* **Information**:
......

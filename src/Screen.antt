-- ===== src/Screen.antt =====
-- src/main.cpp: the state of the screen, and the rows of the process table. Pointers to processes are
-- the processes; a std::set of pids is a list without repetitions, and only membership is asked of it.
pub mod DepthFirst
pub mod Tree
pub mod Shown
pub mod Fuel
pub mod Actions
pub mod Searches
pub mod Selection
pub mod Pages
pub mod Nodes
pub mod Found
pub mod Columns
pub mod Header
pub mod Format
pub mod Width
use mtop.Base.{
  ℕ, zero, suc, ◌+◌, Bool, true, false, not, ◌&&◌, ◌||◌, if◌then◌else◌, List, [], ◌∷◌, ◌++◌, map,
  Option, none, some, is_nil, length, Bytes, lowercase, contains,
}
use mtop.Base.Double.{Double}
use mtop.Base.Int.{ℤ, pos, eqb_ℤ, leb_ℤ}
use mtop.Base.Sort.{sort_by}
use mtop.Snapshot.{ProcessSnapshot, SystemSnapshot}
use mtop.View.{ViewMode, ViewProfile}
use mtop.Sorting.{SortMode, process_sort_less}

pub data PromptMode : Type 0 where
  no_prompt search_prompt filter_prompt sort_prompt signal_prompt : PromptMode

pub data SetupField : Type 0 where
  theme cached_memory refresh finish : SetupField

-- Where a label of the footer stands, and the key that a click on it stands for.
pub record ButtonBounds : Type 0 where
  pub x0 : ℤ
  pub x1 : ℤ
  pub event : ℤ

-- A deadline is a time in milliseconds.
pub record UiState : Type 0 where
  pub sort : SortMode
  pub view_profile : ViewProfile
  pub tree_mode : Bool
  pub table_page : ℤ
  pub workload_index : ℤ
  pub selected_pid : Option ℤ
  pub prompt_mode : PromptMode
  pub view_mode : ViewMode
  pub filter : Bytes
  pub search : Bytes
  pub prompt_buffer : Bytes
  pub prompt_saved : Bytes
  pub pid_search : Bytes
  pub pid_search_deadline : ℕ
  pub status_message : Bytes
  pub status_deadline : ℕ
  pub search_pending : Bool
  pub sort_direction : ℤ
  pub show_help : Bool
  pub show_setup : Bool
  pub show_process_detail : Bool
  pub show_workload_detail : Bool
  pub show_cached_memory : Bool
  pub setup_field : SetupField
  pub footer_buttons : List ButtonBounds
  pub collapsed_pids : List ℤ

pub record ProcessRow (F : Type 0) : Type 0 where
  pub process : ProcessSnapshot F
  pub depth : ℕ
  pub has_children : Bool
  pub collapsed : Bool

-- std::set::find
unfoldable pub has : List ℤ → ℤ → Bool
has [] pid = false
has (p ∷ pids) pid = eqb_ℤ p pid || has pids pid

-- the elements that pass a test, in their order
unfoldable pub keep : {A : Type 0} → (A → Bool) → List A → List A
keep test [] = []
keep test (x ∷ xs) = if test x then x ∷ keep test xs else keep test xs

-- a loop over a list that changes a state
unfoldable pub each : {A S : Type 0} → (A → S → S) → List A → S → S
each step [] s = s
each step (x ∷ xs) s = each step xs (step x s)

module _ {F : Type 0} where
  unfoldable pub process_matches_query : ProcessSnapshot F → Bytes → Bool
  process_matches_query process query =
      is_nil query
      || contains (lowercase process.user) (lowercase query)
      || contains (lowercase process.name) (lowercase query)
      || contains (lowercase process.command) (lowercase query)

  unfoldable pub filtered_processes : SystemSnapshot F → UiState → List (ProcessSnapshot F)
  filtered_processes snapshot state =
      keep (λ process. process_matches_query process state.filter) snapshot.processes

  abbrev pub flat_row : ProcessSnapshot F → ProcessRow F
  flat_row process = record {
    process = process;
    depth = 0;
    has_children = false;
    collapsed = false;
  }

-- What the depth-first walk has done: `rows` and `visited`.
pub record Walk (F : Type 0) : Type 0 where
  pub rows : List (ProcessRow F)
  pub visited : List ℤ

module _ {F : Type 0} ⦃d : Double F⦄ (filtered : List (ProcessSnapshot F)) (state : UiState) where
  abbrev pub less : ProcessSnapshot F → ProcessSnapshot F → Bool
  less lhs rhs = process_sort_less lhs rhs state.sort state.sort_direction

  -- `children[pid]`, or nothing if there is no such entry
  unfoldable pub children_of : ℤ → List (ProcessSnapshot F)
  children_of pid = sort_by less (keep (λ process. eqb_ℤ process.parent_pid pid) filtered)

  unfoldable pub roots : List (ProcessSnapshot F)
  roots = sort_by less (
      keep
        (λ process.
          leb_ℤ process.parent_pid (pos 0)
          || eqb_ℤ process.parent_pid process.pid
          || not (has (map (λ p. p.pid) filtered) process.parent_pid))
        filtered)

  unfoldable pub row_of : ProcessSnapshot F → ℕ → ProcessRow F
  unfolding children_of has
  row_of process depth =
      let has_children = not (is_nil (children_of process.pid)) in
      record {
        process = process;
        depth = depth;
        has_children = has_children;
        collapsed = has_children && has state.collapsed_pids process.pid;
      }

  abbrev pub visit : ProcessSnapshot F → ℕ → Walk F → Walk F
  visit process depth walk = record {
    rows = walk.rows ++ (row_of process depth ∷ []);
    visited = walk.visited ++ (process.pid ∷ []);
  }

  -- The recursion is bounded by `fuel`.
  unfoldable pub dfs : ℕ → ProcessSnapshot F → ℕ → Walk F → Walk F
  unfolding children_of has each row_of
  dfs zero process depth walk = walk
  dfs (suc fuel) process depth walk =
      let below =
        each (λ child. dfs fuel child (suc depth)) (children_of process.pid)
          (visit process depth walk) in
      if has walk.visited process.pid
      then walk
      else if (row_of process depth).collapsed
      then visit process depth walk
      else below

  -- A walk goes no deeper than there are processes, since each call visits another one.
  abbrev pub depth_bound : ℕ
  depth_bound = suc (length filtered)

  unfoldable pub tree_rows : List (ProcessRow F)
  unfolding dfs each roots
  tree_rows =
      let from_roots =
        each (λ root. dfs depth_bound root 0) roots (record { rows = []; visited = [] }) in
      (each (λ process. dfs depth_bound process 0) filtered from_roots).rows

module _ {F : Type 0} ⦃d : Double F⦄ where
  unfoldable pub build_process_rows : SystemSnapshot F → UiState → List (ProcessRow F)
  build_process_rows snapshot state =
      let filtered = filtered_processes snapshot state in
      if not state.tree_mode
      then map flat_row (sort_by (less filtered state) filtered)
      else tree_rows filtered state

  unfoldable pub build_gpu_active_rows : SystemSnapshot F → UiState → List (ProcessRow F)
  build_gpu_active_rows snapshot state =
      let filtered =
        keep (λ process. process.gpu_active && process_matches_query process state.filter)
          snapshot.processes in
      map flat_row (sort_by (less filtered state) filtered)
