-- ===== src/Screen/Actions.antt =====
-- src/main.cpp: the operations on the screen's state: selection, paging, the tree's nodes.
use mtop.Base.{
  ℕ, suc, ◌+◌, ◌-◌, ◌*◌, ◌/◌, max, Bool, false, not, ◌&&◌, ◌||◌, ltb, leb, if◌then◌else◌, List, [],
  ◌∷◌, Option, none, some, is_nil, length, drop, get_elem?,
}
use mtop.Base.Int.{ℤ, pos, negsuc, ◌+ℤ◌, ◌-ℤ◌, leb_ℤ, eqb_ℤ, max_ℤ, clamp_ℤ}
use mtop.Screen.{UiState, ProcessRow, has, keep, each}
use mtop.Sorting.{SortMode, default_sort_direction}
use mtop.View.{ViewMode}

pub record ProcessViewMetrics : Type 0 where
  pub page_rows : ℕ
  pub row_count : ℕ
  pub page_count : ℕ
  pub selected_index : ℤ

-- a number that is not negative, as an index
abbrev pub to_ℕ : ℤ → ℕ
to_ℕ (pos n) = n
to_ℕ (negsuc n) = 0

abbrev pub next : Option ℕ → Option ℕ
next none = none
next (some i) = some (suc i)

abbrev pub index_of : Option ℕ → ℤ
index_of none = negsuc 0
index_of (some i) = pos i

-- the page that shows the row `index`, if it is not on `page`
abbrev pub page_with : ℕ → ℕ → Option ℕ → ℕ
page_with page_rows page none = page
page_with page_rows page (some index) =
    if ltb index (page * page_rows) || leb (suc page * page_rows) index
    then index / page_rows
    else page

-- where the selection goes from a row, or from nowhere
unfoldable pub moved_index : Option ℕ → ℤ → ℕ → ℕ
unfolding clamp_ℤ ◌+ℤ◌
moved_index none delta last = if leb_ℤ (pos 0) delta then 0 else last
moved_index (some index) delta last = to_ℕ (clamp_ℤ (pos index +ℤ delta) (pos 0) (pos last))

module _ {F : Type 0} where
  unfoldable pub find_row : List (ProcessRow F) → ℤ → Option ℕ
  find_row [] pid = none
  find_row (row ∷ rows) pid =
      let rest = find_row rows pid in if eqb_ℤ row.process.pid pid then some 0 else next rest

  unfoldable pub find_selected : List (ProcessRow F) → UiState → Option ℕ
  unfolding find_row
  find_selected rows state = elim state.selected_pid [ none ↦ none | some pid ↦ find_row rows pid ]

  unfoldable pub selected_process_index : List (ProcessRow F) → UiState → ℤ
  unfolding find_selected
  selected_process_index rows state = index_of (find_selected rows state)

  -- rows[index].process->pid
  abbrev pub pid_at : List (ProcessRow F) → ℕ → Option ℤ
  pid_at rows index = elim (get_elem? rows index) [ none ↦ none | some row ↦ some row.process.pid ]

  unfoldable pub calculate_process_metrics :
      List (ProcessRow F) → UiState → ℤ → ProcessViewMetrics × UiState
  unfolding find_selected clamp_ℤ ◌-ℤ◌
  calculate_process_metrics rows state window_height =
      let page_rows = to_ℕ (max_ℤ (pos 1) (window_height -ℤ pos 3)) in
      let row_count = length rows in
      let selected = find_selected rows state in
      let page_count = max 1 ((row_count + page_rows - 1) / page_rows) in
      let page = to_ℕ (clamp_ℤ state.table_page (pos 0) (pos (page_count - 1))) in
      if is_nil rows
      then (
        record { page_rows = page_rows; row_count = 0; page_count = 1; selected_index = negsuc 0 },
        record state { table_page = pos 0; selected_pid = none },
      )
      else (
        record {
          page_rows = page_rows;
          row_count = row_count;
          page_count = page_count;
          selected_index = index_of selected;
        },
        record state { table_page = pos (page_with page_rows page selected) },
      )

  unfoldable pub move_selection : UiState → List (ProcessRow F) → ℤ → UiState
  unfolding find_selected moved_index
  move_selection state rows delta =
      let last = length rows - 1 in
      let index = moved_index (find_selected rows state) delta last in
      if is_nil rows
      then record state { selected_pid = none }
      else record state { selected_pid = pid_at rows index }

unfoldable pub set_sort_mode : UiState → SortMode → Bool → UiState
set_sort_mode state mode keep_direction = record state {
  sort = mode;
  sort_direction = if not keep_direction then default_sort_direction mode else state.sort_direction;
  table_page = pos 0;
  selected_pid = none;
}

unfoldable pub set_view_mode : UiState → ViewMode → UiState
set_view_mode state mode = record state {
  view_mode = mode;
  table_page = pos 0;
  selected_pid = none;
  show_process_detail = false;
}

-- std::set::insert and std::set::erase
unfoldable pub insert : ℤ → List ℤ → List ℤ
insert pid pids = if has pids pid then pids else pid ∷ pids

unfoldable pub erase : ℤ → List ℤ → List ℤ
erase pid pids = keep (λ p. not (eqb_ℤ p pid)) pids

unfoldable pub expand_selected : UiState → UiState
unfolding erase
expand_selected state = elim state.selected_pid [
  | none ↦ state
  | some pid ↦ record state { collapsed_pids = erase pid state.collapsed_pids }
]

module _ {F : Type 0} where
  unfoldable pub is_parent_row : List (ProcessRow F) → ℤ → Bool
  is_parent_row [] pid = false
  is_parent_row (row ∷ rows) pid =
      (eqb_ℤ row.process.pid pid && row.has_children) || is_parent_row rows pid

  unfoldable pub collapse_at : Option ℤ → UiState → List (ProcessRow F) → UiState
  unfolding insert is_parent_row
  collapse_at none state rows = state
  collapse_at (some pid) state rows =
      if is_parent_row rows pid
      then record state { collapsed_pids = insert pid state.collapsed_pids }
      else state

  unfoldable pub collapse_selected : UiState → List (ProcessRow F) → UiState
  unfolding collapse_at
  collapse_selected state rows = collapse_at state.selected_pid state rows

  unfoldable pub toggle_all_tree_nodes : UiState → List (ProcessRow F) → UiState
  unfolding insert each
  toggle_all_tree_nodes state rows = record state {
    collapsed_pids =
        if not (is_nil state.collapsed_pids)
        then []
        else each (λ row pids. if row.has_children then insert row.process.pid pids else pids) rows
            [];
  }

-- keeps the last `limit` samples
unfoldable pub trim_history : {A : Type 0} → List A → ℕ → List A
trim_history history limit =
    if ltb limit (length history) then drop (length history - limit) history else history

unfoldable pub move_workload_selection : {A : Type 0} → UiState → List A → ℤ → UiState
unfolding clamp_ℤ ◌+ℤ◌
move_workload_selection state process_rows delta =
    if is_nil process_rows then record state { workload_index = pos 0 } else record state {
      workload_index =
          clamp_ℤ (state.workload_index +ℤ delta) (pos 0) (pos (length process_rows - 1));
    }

......

* **What to do**:
From the records above, give again exactly the lines running from the line with "page_count = page_count;" to the line with "let last = length rows - 1 in", inclusive.

* **Task solution**:
          page_count = page_count;
          selected_index = index_of selected;
        },
        record state { table_page = pos (page_with page_rows page selected) },
      )

  unfoldable pub move_selection : UiState → List (ProcessRow F) → ℤ → UiState
  unfolding find_selected moved_index
  move_selection state rows delta =
      let last = length rows - 1 in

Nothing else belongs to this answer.